Первый раз она пришла, когда он уже никого не ждал. После суда, который огорошил его сроком в десять лет и конфискацией имущества. Он не ожидал, он думал, что всё обойдётся, надеялся на друзей. Он же так и не дал признательных показаний, никого не заложил, не рассказал об используемых схемах. Он держался и ждал помощи, ведь они могли помочь. Знали, кому давать и сколько, чтобы замять дело, чтобы поменять в обвинении статьи на более лёгкие, сменить доказательную базу, заставить прокурора быть более мягким, а судью более милосердным. Он ждал и не расстраивался, что друзья не выходили на связь. Им же нужно было прятаться, делать всё в глубокой конспирации, правильно, молодцы. Он ждал чуда, ждал на предварительном следствии, ждал во время суда, а потом прозвучал приговор.
Он всё понял. С запозданием, это была у него такая плохая черта, что глаза бывали будто завязаны, а потом повязка спадала и он видел всё, что должен был видеть раньше. Так было с арестом. Он понимал, что риск есть, но думал, что у друзей всё схвачено. Они так говорили, дружили с прокурорами, покупали им дорогие машины, возили налоговиков на уик-энд в Париж. Шутили, что если воровать так, как они воруют, то за это не садят. Тем более схемы были красивые, запутанные, неоднозначные, попробуй докажи, что это незаконно. Когда его арестовали, он увидел, что доказать можно. Много слабых мест, много следов, которые оставил и он и его друзья, вроде бы случайно уехавшие ровно в день возбуждения уголовного дела. Он пенял на свою неосторожность, но успокаивал себя тем, что ребята помогут. После приговора ему открылось, что не помогут. Могли бы помочь, но решили, что это не выгодно. Зачем рисковать, тратить большие деньги?
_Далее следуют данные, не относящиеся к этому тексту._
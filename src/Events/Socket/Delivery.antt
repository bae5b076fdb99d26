-- ===== src/Events/Socket/Delivery.antt =====
-- Whom the events of a job reach, after any events of the sockets.
use recipe_import_from_anyth.Base.{
  ℕ, ◌≡◌, ◌↔◌, inl, inr, refl, sym, ap, subst, ◌∙◌, true, ◌&&◌, String, Option, none, some, List,
  [], ◌∷◌, is_some, arith, Bool-cases,
}
use mathlib.Core.List.{Memᴰ}
use recipe_import_from_anyth.Base.Map
use recipe_import_from_anyth.Base.Map.{Map, get-nil}
use recipe_import_from_anyth.Base.Map.Entries.{mem-get}
use recipe_import_from_anyth.Events.Bridge.{Sender, dispatch}
use recipe_import_from_anyth.Events.Bridge.Callbacks.{dispatch-nil}
use recipe_import_from_anyth.Events.Socket.{
  is_open, Server, Event, step, run, start, receives, deliver_to, deliver,
}
use recipe_import_from_anyth.Events.Socket.Consistent.{IsConsistent, step-IsConsistent}

start-IsConsistent : IsConsistent start
start-IsConsistent = record {
  linked = record {
    keyed = λ c j x m. elim m [ ];
    owned = λ c j x m. elim m [ ];
    distinct = λ c d j k x y m n e. elim m [ ];
    called = λ c j x m. elim m [ ];
    registered = λ j x m. elim (subst (Memᴰ x) (dispatch-nil j) m) [ ];
  };
  anonymous = λ c h. refl;
  shut = λ c h. refl;
  unopened = λ c h. refl;
}

run-kept : (s : Server) (events : List Event) → IsConsistent s → IsConsistent (run s events)
unfolding run
run-kept s [] ok = ok
run-kept s (e ∷ events) ok = run-kept (step s e) events (step-IsConsistent s e ok)

-- After any events of the sockets the server is consistent: each connection holds one callback for
-- each of its jobs, the bridge calls for a job just the callbacks that are held for it, and a
-- connection that has no user, or that is closed, holds none.
pub run-IsConsistent : (events : List Event) → IsConsistent (run start events)
run-IsConsistent events = run-kept start events start-IsConsistent

deliver_to_sound :
    (s : Server) (sends : List Sender) (c : ℕ)
    → Memᴰ c (deliver_to s sends)
    → (x : Sender) × Memᴰ x sends × (receives s x ≡ true) × (x.connection ≡ c)
unfolding deliver_to
deliver_to_sound s [] c m = elim m [ ]
deliver_to_sound s (send ∷ sends) c m = elim (Bool-cases (receives s send)) [
  | inl takes ↦ elim (rw (takes, deliver_to) at m) [
    | Memᴰ.head e ↦ (send, Memᴰ.head refl, takes, sym e)
    | Memᴰ.tail t ↦ let (x, n, r, q) = deliver_to_sound s sends c t in (x, Memᴰ.tail n, r, q)
  ]
  | inr skips ↦
      let (x, n, r, q) = deliver_to_sound s sends c (rw (skips, deliver_to) at m) in
      (x, Memᴰ.tail n, r, q)
]

deliver_to_complete :
    (s : Server) (sends : List Sender) (x : Sender)
    → Memᴰ x sends
    → receives s x ≡ true
    → Memᴰ x.connection (deliver_to s sends)
unfolding deliver_to
deliver_to_complete s [] x m r = elim m [ ]
deliver_to_complete s (send ∷ sends) x (Memᴰ.head e) r =
    rw (ap (receives s) (sym e) ∙ r) (Memᴰ.head (ap (λ (y : Sender). y.connection) e))
deliver_to_complete s (send ∷ sends) x (Memᴰ.tail m) r = elim (Bool-cases (receives s send)) [
  | inl takes ↦ rw takes (Memᴰ.tail (deliver_to_complete s sends x m r))
  | inr skips ↦ rw skips (deliver_to_complete s sends x m r)
]

module _ (s : Server) (ok : IsConsistent s) (job : String) where
  receives-own :
      (c : ℕ) (x : Sender)
      → Memᴰ (job, x) (s.connections c).subscriptions
      → receives s x
        ≡ (is_some (Map.get job (s.connections c).subscriptions) && is_open (s.connections c).state)
  unfolding receives
  receives-own c x m = let (at, of, lt) = ok.linked.owned c job x m in rw (at, of) refl

  reached :
      (c : ℕ)
      → Memᴰ c (deliver s job)
      → (is_open (s.connections c).state ≡ true)
        × (is_some (Map.get job (s.connections c).subscriptions) ≡ true)
  unfolding deliver
  reached c m =
      let (x, n, r, q) = deliver_to_sound s (dispatch job s.bridge) c m in
      let own = receives-own x.connection x (ok.linked.registered job x n) in
      rw (← q) (ground (arith, own, r))

  reach :
      (c : ℕ) (x : Sender)
      → Map.get job (s.connections c).subscriptions ≡ some x
      → is_open (s.connections c).state ≡ true
      → Memᴰ c (deliver s job)
  unfolding deliver
  reach c x found up =
      let m = mem-get job x (s.connections c).subscriptions found in
      subst (λ d. Memᴰ d (deliver_to s (dispatch job s.bridge))) ((ok.linked.owned c job x m).0)
        (deliver_to_complete s (dispatch job s.bridge) x (ok.linked.called c job x m)
          (ground (arith, receives-own c x m, found, up)))

  reach_of :
      (c : ℕ) (o : Option Sender)
      → Map.get job (s.connections c).subscriptions ≡ o
      → is_open (s.connections c).state ≡ true
      → is_some o ≡ true
      → Memᴰ c (deliver s job)
  reach_of c none found up h = cc
  reach_of c (some x) found up h = reach c x found up

-- After any events of the sockets, an event of a job reaches a connection exactly when its socket
-- is open and it holds a callback for the job.
pub deliver_iff :
    (events : List Event) (job : String) (c : ℕ)
    → let s = run start events in
      (Memᴰ c (deliver s job)) ↔ (
        (is_open (s.connections c).state ≡ true)
        × (is_some (Map.get job (s.connections c).subscriptions) ≡ true))
deliver_iff events job c =
    let ok = run-IsConsistent events in
    (
      reached (run start events) ok job c,
      λ (up, held). reach_of (run start events) ok job c _ refl up held,
    )
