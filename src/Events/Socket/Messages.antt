-- ===== src/Events/Socket/Messages.antt =====
-- Which jobs a connection holds callbacks for, after a message.
use recipe_import_from_anyth.Base.{
  ℕ, ◌≡◌, refl, Bool, not, ◌&&◌, ◌||◌, String, ◌==◌, Option, none, some, is_some, arith, eq_iff,
}
use recipe_import_from_anyth.Base.Map
use recipe_import_from_anyth.Base.Map.{Map, get-set, get-delete}
use recipe_import_from_anyth.Ids.{UserId}
use recipe_import_from_anyth.Events.Bridge.{Sender}
use recipe_import_from_anyth.Events.Socket.{
  Server, subscribe, unsubscribe, on_message, handle_from, handle_for, add_sender, remove_entry,
}

-- whether a connection holds a callback for a job
abbrev pub holds : Server → ℕ → String → Bool
holds s c job = is_some (Map.get job (s.connections c).subscriptions)

module _ (s : Server) (c : ℕ) (user : UserId) (named : (s.connections c).user_id ≡ some user)
    (job j : String) where
  add_sender-holds :
      (old : Option Sender)
      → Map.get job (s.connections c).subscriptions ≡ old
      → holds (add_sender s c (s.connections c) user job old) c j ≡ (job == j || holds s c j)
  unfolding add_sender
  add_sender-holds (some send) e = ground (arith, eq_iff job j)
  add_sender-holds none e = ground (
    arith,
    get-set j job (record { serial = s.next_serial; connection = c; job = job })
        (s.connections c).subscriptions,
  )

  -- After "subscribe" a connection with a user holds a callback for that job and for those it held
  -- before; after "unsubscribe", for those it held before other than that job.
  pub on_message-holds :
      (holds (on_message s c (some (subscribe job))).0 c j ≡ (job == j || holds s c j))
      × (holds (on_message s c (some (unsubscribe job))).0 c j ≡ (not (job == j) && holds s c j))
  unfolding on_message handle_from handle_for remove_entry
  on_message-holds = (
    rw (named, handle_from) (add_sender-holds _ refl),
    rw (named, handle_from) (ground (arith, get-delete j job (s.connections c).subscriptions)),
  )
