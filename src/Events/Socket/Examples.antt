-- ===== src/Events/Socket/Examples.antt =====
-- The theorems of the WebSocket connections at a client that subscribes to a job.
use recipe_import_from_anyth.Base.{
  ◌≡◌, ◌↔◌, refl, true, not, ◌&&◌, ◌||◌, ◌==◌, some, List, [], ◌∷◌, is_some,
}
use mathlib.Core.List.{Memᴰ}
use recipe_import_from_anyth.Base.Map
use recipe_import_from_anyth.Base.Map.{get, set}
use recipe_import_from_anyth.Ids.{UserId}
use recipe_import_from_anyth.Events.Socket.{
  is_open, Event, opened, message, authenticated, subscribe, unsubscribe, run, step, start,
  on_message, on_authenticated, handle_from, handle_for, add_sender, deliver,
}
use recipe_import_from_anyth.Events.Socket.Consistent.{IsConsistent}
use recipe_import_from_anyth.Events.Socket.Delivery.{run-IsConsistent, deliver_iff}
use recipe_import_from_anyth.Events.Socket.Messages.{holds, on_message-holds}

abbrev alice : UserId
alice = record { value = "alice" }

abbrev events : List Event
events = opened ∷ authenticated 0 (some alice) ∷ message 0 (some (subscribe "j1")) ∷ []

run-IsConsistent_example : IsConsistent (run start events)
run-IsConsistent_example = run-IsConsistent events

deliver_iff_example : Memᴰ 0 (deliver (run start events) "j1") ↔ (
    (is_open ((run start events).connections 0).state ≡ true)
    × (is_some (Map.get "j1" ((run start events).connections 0).subscriptions) ≡ true))
deliver_iff_example = deliver_iff events "j1" 0

named : ((run start events).connections 0).user_id ≡ some alice
unfolding run step on_message on_authenticated handle_from handle_for add_sender get
named = refl

on_message-holds_example :
    (holds (on_message (run start events) 0 (some (subscribe "j2"))).0 0 "j1"
      ≡ ("j2" == "j1" || holds (run start events) 0 "j1"))
    × (holds (on_message (run start events) 0 (some (unsubscribe "j2"))).0 0 "j1"
        ≡ (not ("j2" == "j1") && holds (run start events) 0 "j1"))
on_message-holds_example = on_message-holds (run start events) 0 alice named "j2" "j1"
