-- ===== src/Fetching.antt =====
-- src/infrastructure/fetch.ts: requests to the hosts that a policy allows. The host that `URL`
-- reads in an address is an argument, and so is when and with what the platform's `fetch` and the
-- reading of a body settle. The redirects that the platform follows are its own.
mod Examples
use recipe_import_from_anyth.Base.{
  ℕ, ◌≤◌, ◌≡◌, ◌⊎◌, Bool, true, false, ◌||◌, String, ◌==◌, append, Option, none, some, List, [],
  ◌∷◌, leb, if◌then◌else◌, eq_iff,
}
use recipe_import_from_anyth.Base.Map.{Map}
use recipe_import_from_anyth.Effects.{Failure, Outcome, ok, thrown, error}

pub record FetchResult : Type 0 where
  pub html : String
  pub status : ℕ
  pub headers : Map String

-- When the text of a response is there, in milliseconds from the call on, and how its reading ends.
pub data Body : Type 0 where
  read : ℕ → Outcome FetchResult → Body
  stalled : Body

-- When the head of a response comes, or `fetch` fails by itself.
pub data Arrival : Type 0 where
  responds : ℕ → Body → Arrival
  fails : ℕ → Failure → Arrival
  silent : Arrival

abbrev default_timeout_ms : ℕ
default_timeout_ms = 30000

-- `hosts.includes(host)`
pub includes_host : List String → String → Bool
includes_host [] host = false
includes_host (h ∷ hosts) host = if h == host then true else includes_host hosts host

abbrev named_host : List String → Option String → Bool
named_host hosts none = false
named_host hosts (some host) = includes_host hosts host

-- A policy is its `allowedHosts`.
pub is_host_allowed : (String → Option String) → String → Option (List String) → Bool
unfolding includes_host
is_host_allowed hostname url none = false
is_host_allowed hostname url (some hosts) =
    if includes_host hosts "*" then true else named_host hosts (hostname url)

-- When the signal that `fetch` is given fires: a caller's signal, which may never do so, or the
-- function's own controller, which the timer aborts.
abort_time : Option (Option ℕ) → Option ℕ
abort_time none = some default_timeout_ms
abort_time (some fired) = fired

abbrev timed_out : Option (Outcome FetchResult)
timed_out = some (thrown (error "Fetch timeout"))

-- What comes at a time, unless the signal fires before.
unless_aborted : Option ℕ → ℕ → Option (Outcome FetchResult) → Option (Outcome FetchResult)
unless_aborted none t outcome = outcome
unless_aborted (some aborted) t outcome = if leb t aborted then outcome else timed_out

-- Once the head is there the timer is cleared, so that only a caller's signal can still fire.
body_abort_time : Option (Option ℕ) → Option ℕ
body_abort_time none = none
body_abort_time (some fired) = fired

waiting : Option ℕ → Option (Outcome FetchResult)
waiting none = none
waiting (some aborted) = timed_out

-- `await response.text()`
read_body : Option ℕ → Body → Option (Outcome FetchResult)
unfolding waiting unless_aborted
read_body aborted (read t outcome) = unless_aborted aborted t (some outcome)
read_body aborted stalled = waiting aborted

-- what the call ends with, if it ever ends
pub run_fetch : Option (Option ℕ) → Arrival → Option (Outcome FetchResult)
unfolding abort_time body_abort_time unless_aborted waiting read_body
run_fetch signal (responds t body) =
    unless_aborted (abort_time signal) t (read_body (body_abort_time signal) body)
run_fetch signal (fails t f) = unless_aborted (abort_time signal) t (some (thrown f))
run_fetch signal silent = waiting (abort_time signal)

-- `fetch` of a client with a policy: what it ends with, and the addresses that are given to
-- the platform's `fetch`
pub fetch :
    (String → Option String)
    → Option (List String)
    → String
    → Option (Option ℕ)
    → Arrival
    → Option (Outcome FetchResult) × List String
unfolding is_host_allowed run_fetch
fetch hostname policy url signal arrival =
    let asked = run_fetch signal arrival in
    if is_host_allowed hostname url policy
    then (asked, url ∷ [])
    else (some (thrown (error (append "Network access denied for host: " url))), [])

-- A call never ends: no head comes and the caller has a signal that never fires, or the text of the
-- response never comes and there is no such signal or it never fires. Without a signal the head
-- came within 30 seconds.
pub data Hangs : Option (Option ℕ) → Arrival → Type 0 where
  no_head : Hangs (some none) silent
  no_text : (t : ℕ) → Hangs (some none) (responds t stalled)
  no_timer : (t : ℕ) → t ≤ 30000 → Hangs none (responds t stalled)

module _ (hostname : String → Option String) where
  -- An address that a policy lets through: one whose host it names, or any where it has "*".
  abbrev pub IsAllowed : Option (List String) → String → Type 0
  IsAllowed none url = ⊥
  IsAllowed (some hosts) url =
      (includes_host hosts "*" ≡ true)
      ⊎ ((host : String) × (hostname url ≡ some host) × (includes_host hosts host ≡ true))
Лучше пожертвовать им. Ничего личного, просто бизнес. Есть нерентабельные операции. Освобождать его было затратно, его и не освобождали. Плевать, что он никого не заложил, плевать что отдувался за всех, плевать, что потерял всё. Дурак, надо было переписать квартиры, иметь тайные счета, готовить запасные аэродромы. Они ведь занимались высоко рискованным бизнесом, очень прибыльным и очень рискованным. Так тут надо было не булки расслаблять, да деньги налево и направо кидать, а о будущем думать.
Он хотел повеситься ещё тогда. Когда вдруг ясно понял, что никто его выручать не будет, что на нём поставили крест. Но его взяла злость. Прежде всего, на себя, такого легковерчивого идиота, почти лоха, который позволил так себя опустить. Он сцепил зубы и решил не сдаваться. Подал апелляцию, пытался найти хорошего адвоката, но у него не было денег, пришлось довольствоваться государственным защитником, стареньким дедушкой в состоянии почти полного маразма. Пришлось биться самому, если на первом суде он сидел, как дурак, ожидая помощи, то теперь показывал натяжки следствия, несоответствия в показаниях свидетелей обвинения, требовал новых экспертиз. Ему удалось скостить четыре года, но конфискацию суд оставил в силе. И он поехал в колонию.
Он уже привык к жизни в СИЗО, где провёл почти год. В колонии было даже чуть получше. Он сразу же вызвался работать, чтобы только не сидеть днями в камере. Когда в колонии работали почти все, но уже несколько лет как производственный участок закрылся, почти все зэки сидели по камерам, работать можно было только на строительстве. Тут Владимиру и пригодились навыки еще со студотряда. Работать было легче, дни бежали быстрее, когда сказали, что к нему посетитель. Владимир никого не ждал. Друзей у него теперь не было, родственники только дальние, которые и писем не писали, не то что проведывали. Он шёл по коридору и гадал, кто к нему пришёл, давя жалкие мыслишки, что может друзья одумались, может таки вспомнили о нём и решили помочь. Не вспомнят, они где-то далеко за границей, живут поживают и не хотят ворошить прошлое.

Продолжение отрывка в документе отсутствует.